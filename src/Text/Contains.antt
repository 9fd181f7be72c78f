-- ===== src/Text/Contains.antt =====
-- `contains` and `containsAt` of pkg/vcloud/client/client.go, and what they decide.
use mathlib.Core.List.{append-nil, append_assoc}
use csi_driver_bs.Base.{
  ℕ, zero, suc, ◌+◌, ◌≤◌, ◌<◌, ◌≡◌, ◌≢◌, refl, sym, ap, ◌∙◌, ◌↔◌, Bool, true, false, ◌&&◌, ◌||◌, [],
  ◌∷◌, ◌++◌, arith, ltb, leb, if◌then◌else◌, ◌==◌, length, take, drop, length-append,
}
use csi_driver_bs.Text.{Text, text_eq, str, text_dec}

-- `for i := 0; i <= len(s)-len(substr); i++`, from index `i` on.
contains_from : ℕ → ℕ → Text → Text → Bool
contains_from zero i s substr = false
contains_from (suc fuel) i s substr =
    let rest = contains_from fuel (i + 1) s substr in
    if leb (i + length substr) (length s)
    then if take (length substr) (drop i s) == substr then true else rest
    else false

-- At most `len(s) + 1` rounds.
unfoldable pub contains_at : Text → Text → Bool
unfolding contains_from
contains_at s substr = contains_from (suc (length s)) 0 s substr

unfoldable pub contains : Text → Text → Bool
contains s substr =
    leb (length substr) (length s) && (s == substr || (ltb 0 (length s) && contains_at s substr))

-- `substr` stands somewhere in `s`.
abbrev pub Contains : Text → Text → Type 0
Contains s substr = (before : Text) × (after : Text) × (s ≡ before ++ (substr ++ after))

take-append-drop : (n : ℕ) (xs : Text) → take n xs ++ drop n xs ≡ xs
take-append-drop zero xs = refl
take-append-drop (suc n) [] = refl
take-append-drop (suc n) (x ∷ xs) = ap (◌∷◌ x) (take-append-drop n xs)

take-append : (xs ys : Text) → take (length xs) (xs ++ ys) ≡ xs
take-append [] ys = refl
take-append (x ∷ xs) ys = ap (◌∷◌ x) (take-append xs ys)

drop-append : (xs ys : Text) → drop (length xs) (xs ++ ys) ≡ ys
drop-append [] ys = refl
drop-append (x ∷ xs) ys = drop-append xs ys

-- A slice that equals `substr` is an occurrence.
slice-Contains :
    (i : ℕ) (s substr : Text) → take (length substr) (drop i s) ≡ substr → Contains s substr
slice-Contains i s substr e = (
  take i s,
  drop (length substr) (drop i s),
  sym (
      ap (λ t. take i s ++ (t ++ drop (length substr) (drop i s))) (sym e)
      ∙ ap (◌++◌ (take i s)) (take-append-drop (length substr) (drop i s))
      ∙ take-append-drop i s),
)

contains_from_sound :
    (fuel i : ℕ) (s substr : Text) → contains_from fuel i s substr ≡ true → Contains s substr
unfolding contains_from
contains_from_sound zero i s substr h = cc
contains_from_sound (suc fuel) i s substr h =
    elim (text_dec (take (length substr) (drop i s)) substr) [
      | yes p ↦ slice-Contains i s substr p
      | no n ↦ contains_from_sound fuel (i + 1) s substr (ground arith)
    ]

slice-append :
    (before substr after : Text)
    → take (length substr) (drop (length before) (before ++ (substr ++ after))) ≡ substr
slice-append before substr after = rw drop-append (take-append substr after)

length-append-le :
    (before substr after : Text)
    → length before + length substr ≤ length (before ++ (substr ++ after))
length-append-le before substr after =
    omega (arith, length-append before (substr ++ after), length-append substr after)

contains_from_complete :
    (fuel i : ℕ) (before substr after : Text)
    → i ≤ length before
    → length before < i + fuel
    → contains_from fuel i (before ++ (substr ++ after)) substr ≡ true
unfolding contains_from
contains_from_complete zero i before substr after h k = absurd (omega arith)
contains_from_complete (suc fuel) i before substr after h k =
    elim (text_dec (take (length substr) (drop i (before ++ (substr ++ after)))) substr) [
      | yes p ↦ ground (arith, length-append-le before substr after)
      | no n ↦
          let ne : i ≢ length before = λ e. n (rw e (slice-append before substr after)) in
          ground (
            arith,
            length-append-le before substr after,
            contains_from_complete fuel (i + 1) before substr after,
          )
    ]

contains_sound : (s substr : Text) → contains s substr ≡ true → Contains s substr
unfolding contains contains_at
contains_sound s substr h = elim (text_dec s substr) [
  | yes p ↦ ([], [], p ∙ sym (append-nil substr))
  | no n ↦ contains_from_sound (suc (length s)) 0 s substr (ground arith)
]

contains_at-append :
    (before substr after : Text) → contains_at (before ++ (substr ++ after)) substr ≡ true
unfolding contains_at
contains_at-append before substr after =
    contains_from_complete (suc (length (before ++ (substr ++ after)))) 0 before substr after
      (omega arith) (omega (arith, length-append-le before substr after))

equal_nils : (xs ys : Text) → length xs ≡ 0 → length ys ≤ length xs → xs ≡ ys
equal_nils [] [] h k = refl
equal_nils [] (y ∷ ys) h k = absurd (omega arith)
equal_nils (x ∷ xs) ys h k = absurd (omega arith)

contains-append :
    (before substr after : Text) → contains (before ++ (substr ++ after)) substr ≡ true
unfolding contains
contains-append before substr after = ground (
  arith,
  length-append-le before substr after,
  contains_at-append before substr after,
  equal_nils (before ++ (substr ++ after)) substr,
)

-- `contains s substr` answers true exactly when `substr` stands somewhere in `s`; so the index
-- loop of `containsAt` neither stops too early nor reads past the end.
pub contains_iff : (s substr : Text) → (contains s substr ≡ true) ↔ Contains s substr
contains_iff s substr =
    (contains_sound s substr, λ (before, after, e). rw e (contains-append before substr after))

pub contains_within :
    (before s after substr : Text)
    → contains s substr ≡ true
    → contains (before ++ (s ++ after)) substr ≡ true
contains_within before s after substr h =
    let (b, a, e) = contains_sound s substr h in
    (contains_iff _ substr).1 (before ++ b, a ++ after, rw e (simp append_assoc))

contains_tests :
    (contains (str "code: 404,") (str "404") ≡ true) × (contains (str "40") (str "404") ≡ false)
unfolding contains contains_at text_dec str
contains_tests = (refl, refl)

--*--

Please say how many lines of the records contain the word "containsAt", giving the number by itself.

▶ **Solution to the problem**
2